Don't know what happened there but what would be the equivalent quantity of oak chips and what time period compared to cubes.

Mike


----------



## altavino

Oak chips are usually a preferment additive as opposed to cubes which are more fore bulk aging

The reason being is that chips give up their compounds much faster which allows colour fixing and Tannic binding to happen quickly during an active ferment .the live and active yeast also metabolizes some of the wood buffering the oak flavor . Which is why oak added during an active primary ferment doesn't give much taste to a wine. It's more of a structural addition .

All that said , if you want to use chips during aging , go easy as the flavor release will happen very quickly and if you use too much it can give the wine a harsh character.
So I'd recommend adding 1/3 as much with chips . And expect them to be used up in 3 weeks or so . You can always add more later


----------



## robie

As Altavino indicated, chips will give off all their oakiness quicker.
Best bet is to plan on the chips taking something like 4 to 6 weeks, but each person's preferred oak level can be very different. You can play around with amount of time, versus the amount of oak. Extraction is a bit slower during bulk aging than during fermentation.

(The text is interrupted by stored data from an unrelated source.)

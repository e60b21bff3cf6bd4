-- ===== src/Client.antt =====
-- internal/controller/clavexclient_controller.go, with the spec of
-- api/v1alpha1/clavexclient_types.go. A client has an id of the user's own, and its secret comes
-- once, from the call that creates it.
pub mod Laws
pub mod Settles
pub mod Steady
pub mod Serving
pub mod Sync
pub mod Converges
pub mod Secrets
pub mod Admission
use clavex_operator.Prelude.{
  String, Bool, true, false, List, [], ◌∷◌, Option, none, some, ◌<>◌, ◌&&◌, not, bool_eq, str_eq,
  if◌then◌else◌,
}
use clavex_operator.Api.{
  Answer, ok, fail, Error, wrapped, is_not_found, SecretRef, NamespacedName, Resource, or_default,
}
use clavex_operator.Compare.{equal_string_sets}
use clavex_operator.AuthSecret.{
  Secret, put_entry, target, shown, default_client_secret_key, validate_auth_secret_ref,
}
use clavex_operator.Reconcile.{Kind, Synced, reconcile}
use clavex_operator.Reconcile.Flow.{Step, pure, leave, failed, ◌>>=◌}
use clavex_operator.Reconcile.Calls.{
  Cluster, State, Session, Marker, with_managed, put_secret, sdk_write, deletes, ask, tell, confirm,
}
use clavex_operator.Drift.{or_return, correct, create_missing}

pub record ClientSpec : Type 0 where
  pub org_ref : String
  pub auth_secret_ref : SecretRef
  pub client_id : String
  pub name : String
  pub redirect_uris : List String
  pub post_logout_redirect_uris : List String
  pub grant_types : List String
  pub response_types : List String
  pub scopes : List String
  pub is_public : Bool
  pub is_active : Bool
  pub token_endpoint_auth_method : String
  pub id_token_signed_response_alg : String
  pub client_secret_ref : Option SecretRef

-- `clavex.OIDCClient`, by the fields that the program reads.
pub record OidcClient : Type 0 where
  pub name : String
  pub redirect_uris : List String
  pub post_logout_redirect_uris : List String
  pub grant_types : List String
  pub is_active : Bool
  pub client_secret : Option String

pub record CreateClientParams : Type 0 where
  pub name : String
  pub client_id : String
  pub redirect_uris : List String
  pub post_logout_redirects : List String
  pub grant_types : List String
  pub response_types : List String
  pub is_public : Bool
  pub is_active : Bool

pub record UpdateClientParams : Type 0 where
  pub name : String
  pub redirect_uris : List String
  pub post_logout_redirects : List String
  pub grant_types : List String
  pub response_types : List String
  pub is_active : Bool

pub record ClientService (W : Type 0) : Type 0 where
  pub get : Session → String → String → W → Answer OidcClient × W
  pub create : Session → Marker → String → CreateClientParams → W → Answer OidcClient × W
  pub update : Session → Marker → String → String → UpdateClientParams → W → Answer OidcClient × W
  pub delete : Session → String → String → W → Answer (Unit {0}) × W

abbrev pub clavex_client_finalizer : String
clavex_client_finalizer = "clavex.eu/clavexclient-finalizer"

abbrev pub client_synced : String → OidcClient → Synced
client_synced id client = record {
  remote_id = id;
  drifted = false;
  secret = (elim client.client_secret [ none ↦ "" | some secret ↦ secret ]);
}

-- The parameters of `Clients.Create` and `Clients.Update`.
abbrev pub create_params : ClientSpec → CreateClientParams
create_params spec = record {
  name = spec.name;
  client_id = spec.client_id;
  redirect_uris = spec.redirect_uris;
  post_logout_redirects = spec.post_logout_redirect_uris;
  grant_types = spec.grant_types;
  response_types = spec.response_types;
  is_public = spec.is_public;
  is_active = spec.is_active;
}

abbrev pub update_params : ClientSpec → UpdateClientParams
update_params spec = record {
  name = spec.name;
  redirect_uris = spec.redirect_uris;
  post_logout_redirects = spec.post_logout_redirect_uris;
  grant_types = spec.grant_types;
  response_types = spec.response_types;
  is_active = spec.is_active;
}

-- `clientUpToDate`
unfoldable pub client_up_to_date : OidcClient → Resource ClientSpec → Bool
client_up_to_date live cr =
    str_eq live.name cr.spec.name
    && equal_string_sets live.redirect_uris cr.spec.redirect_uris
    && equal_string_sets live.post_logout_redirect_uris cr.spec.post_logout_redirect_uris
    && equal_string_sets live.grant_types cr.spec.grant_types
    && bool_eq live.is_active cr.spec.is_active

-- The first lines of `reconcileClient`: the answer of `Clients.Get`, not found as nil.
unfoldable pub existing_client : Answer OidcClient → Answer (Option OidcClient)
existing_client (ok live) = ok (some live)
existing_client (fail e) =
    if is_not_found e then ok none else fail (wrapped "fetching existing client" e)

module _ {W : Type 0} (c : Cluster W ClientSpec) (recorder : Bool) (sdk : ClientService W) where
  unfoldable pub get_client : Session → String → String → W → Answer (Option OidcClient) × W
  unfolding existing_client
  get_client session org_id id w =
      let (answer, w') = sdk.get session org_id id w in (existing_client answer, w')

  unfoldable pub converge_client :
      Session
      → String
      → Resource ClientSpec
      → Option OidcClient
      → Step (State W ClientSpec) (Answer Synced)
  converge_client session org_id cr none =
      create_missing "client" cr.spec.client_id (client_synced cr.spec.client_id)
        (sdk.create session (with_managed "ClavexClient" cr.meta) org_id (create_params cr.spec))
  converge_client session org_id cr (some live) =
      correct recorder "client" cr.spec.client_id cr (client_up_to_date live cr) (
        sdk.update session (with_managed "ClavexClient" cr.meta) org_id cr.spec.client_id
          (update_params cr.spec))

  -- `reconcileClient`
  unfoldable pub reconcile_client :
      Session → String → Resource ClientSpec → Step (State W ClientSpec) (Answer Synced)
  unfolding get_client converge_client
  reconcile_client session org_id cr =
      or_return (get_client session org_id cr.spec.client_id) (converge_client session org_id cr)

  -- The end of `writeClientSecret`, by what its `Get` answered.
  unfoldable pub store_secret :
      NamespacedName
      → String
      → String
      → Answer Secret
      → Step (State W ClientSpec) (Answer (Unit {0}))
  store_secret key key_name value (ok secret) =
      let secret' = record secret { contents = put_entry key_name value secret.contents } in
      tell (put_secret secret') (c.update_secret secret')
  store_secret key key_name value (fail e) =
      let secret : Secret = record { key = key; contents = (key_name, value) ∷ [] } in
      if is_not_found e
      then tell (put_secret secret) (c.create_secret secret)
      else pure (fail (wrapped ("fetching clientSecretRef " <> shown key) e))

  -- `writeClientSecret`
  unfoldable pub write_client_secret :
      Resource ClientSpec → SecretRef → String → Step (State W ClientSpec) (Answer (Unit {0}))
  unfolding store_secret
  write_client_secret cr ref value = do
    let key = target ref cr.meta.namespace
    answer ← ask (c.get_secret key)
    store_secret key (or_default ref.key default_client_secret_key) value answer

  -- `if secret != "" && cr.Spec.ClientSecretRef != nil { … }` in `Reconcile`.
  unfoldable pub persist_secret :
      Resource ClientSpec → Option SecretRef → String → Step (State W ClientSpec) (Unit {0})
  unfolding write_client_secret
  persist_secret cr none value = pure tt
  persist_secret cr (some ref) value = if str_eq value "" then pure tt else do
    answer ← write_client_secret cr ref value
    elim answer [ ok done ↦ pure tt | fail e ↦ leave (failed e) ]

  unfoldable pub delete_client :
      Session → String → Resource ClientSpec → Step (State W ClientSpec) (Unit {0})
  delete_client session org_id cr = do
    answer ←
        tell (sdk_write (deletes cr.spec.client_id)) (sdk.delete session org_id cr.spec.client_id)
    confirm answer

  unfoldable pub client_kind : Kind W ClientSpec
  unfolding reconcile_client persist_secret delete_client
  client_kind = record {
    label = "ClavexClient";
    finalizer = clavex_client_finalizer;
    refetch_error = "re-fetching ClavexClient after finalizer update";
    org_ref = λ spec. spec.org_ref;
    auth_secret_ref = λ spec. spec.auth_secret_ref;
    releases_without_secret = false;
    in_sync = "Client is in sync with the Admin API";
    corrected = "Live client had diverged from spec out-of-band; corrected to match spec";
    ready_shows_drift = false;
    delete_remote = delete_client;
    sync = reconcile_client;
    after_sync = λ cr synced. persist_secret cr cr.spec.client_secret_ref synced.secret;
    on_failure = failed;
  }

  -- `ClavexClientReconciler.Reconcile`
  unfoldable pub reconcile_clavex_client : NamespacedName → Step (State W ClientSpec) ⊥
  unfolding client_kind
  reconcile_clavex_client key = reconcile c client_kind key
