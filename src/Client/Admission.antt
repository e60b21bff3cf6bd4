-- ===== src/Client/Admission.antt =====
-- internal/webhook/v1alpha1/clavexclient_webhook.go: the admission webhook.
use clavex_operator.Prelude.{Option, none, some}
use clavex_operator.Api.{Answer, Error, wrapped, NamespacedName, Resource}
use clavex_operator.AuthSecret.{Secret, validate_auth_secret_ref}
use clavex_operator.Client.{ClientSpec}

-- The admission webhook: `ValidateCreate`, `ValidateUpdate` and `ValidateDelete`, each of which
-- returns no warnings. `none` is Go's nil error.
abbrev pub explained : Option Error → Option Error
explained none = none
explained (some e) = some (wrapped "spec.authSecretRef is invalid" e)

module _ {W : Type 0} (get_secret : NamespacedName → W → Answer Secret × W) where
  -- `validateAuthSecretRef`
  unfoldable pub validate_client_secret_ref : Resource ClientSpec → W → Option Error × W
  validate_client_secret_ref obj w =
      let (e, w') =
        validate_auth_secret_ref get_secret obj.spec.auth_secret_ref obj.meta.namespace w in
      (explained e, w')

  unfoldable pub validate_create : Resource ClientSpec → W → Option Error × W
  unfolding validate_client_secret_ref
  validate_create obj w = validate_client_secret_ref obj w

  unfoldable pub validate_update : Resource ClientSpec → Resource ClientSpec → W → Option Error × W
  unfolding validate_client_secret_ref
  validate_update old new w = validate_client_secret_ref new w

  unfoldable pub validate_delete : Resource ClientSpec → W → Option Error × W
  validate_delete obj w = (none, w)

You can leave the same weight of chips in for about 2 weeks, then give the wine a taste. Repeat tasting every week until oak flavor is where you want it. If it ends up just a little too oakie, it will back off some after a few months in the bottle.

In the end, you should go by your own taste and not any particular amount of oak/time. When it tastes right, remove the oak.


----------



## ibglowin

George ships to Costa Rica? Fantastic! 

Like said, chips will extract in a week or so. You will get a bunch of oak in a short amount of time. Go easy, you can always add more but taking it back out is.........


----------



## Wiz

Thank you for your replies as I am making 28 gallons of cabernet and don't want to over oak.

Mike


----------



## Runningwolf

Not to hijack this thread but what about spirals? I bought 4 med french spirals and instructions say to use two per 6 gallons. I plan on only using one per carboy after MLF on my Chilean reds. Any advise is appreciated.


----------



## Wade E

Dan, What kind as American Id go 1 as you stated but French or Hungarian Id go 2 but this also depends on what your making.


----------



## tonyt

Can't believe i'm offering advice to Dan but here goes. I use spirals often. If i have a kit with lots of oak I might only add one spiral. Often I will add one American (or Hungarian) and one French spiral. I always start tasting after 3weeks. I pull just past perfect. I use powder and chips in primary, cubes in secondary and clearing and spirals and staves in aging. If I pull a spiral or stave prior to 6 weeks I usually throw it into whatever I have fermenting just not to waste it.


----------



## Runningwolf

Ah Tony don't feel that way as we're all always learning something new. I currently have Chilean - Cab Franc
Chilean - Zinfandel, Carmenere, Malbec and Chardonnay going through MLF and once that is completed I'll be adding the med French spirals. I never used oak before and just starting to like bit of it. Just starting to like it and know these won't be ready for quite a while. Thats why I was going with one. Do you guys suggest I go with two of them post MLF?


----------



## shoebiedoo

Runningwolf said:


> Ah Tony don't feel that way as we're all always learning something new. I currently have Chilean - Cab Franc
> Chilean - Zinfandel, Carmenere, Malbec and Chardonnay going through MLF and once that is completed I'll be adding the med French spirals. I never used oak before and just starting to like bit of it. Just starting to like it and know these won't be ready for quite a while. Thats why I was going with one. Do you guys suggest I go with two of them post MLF?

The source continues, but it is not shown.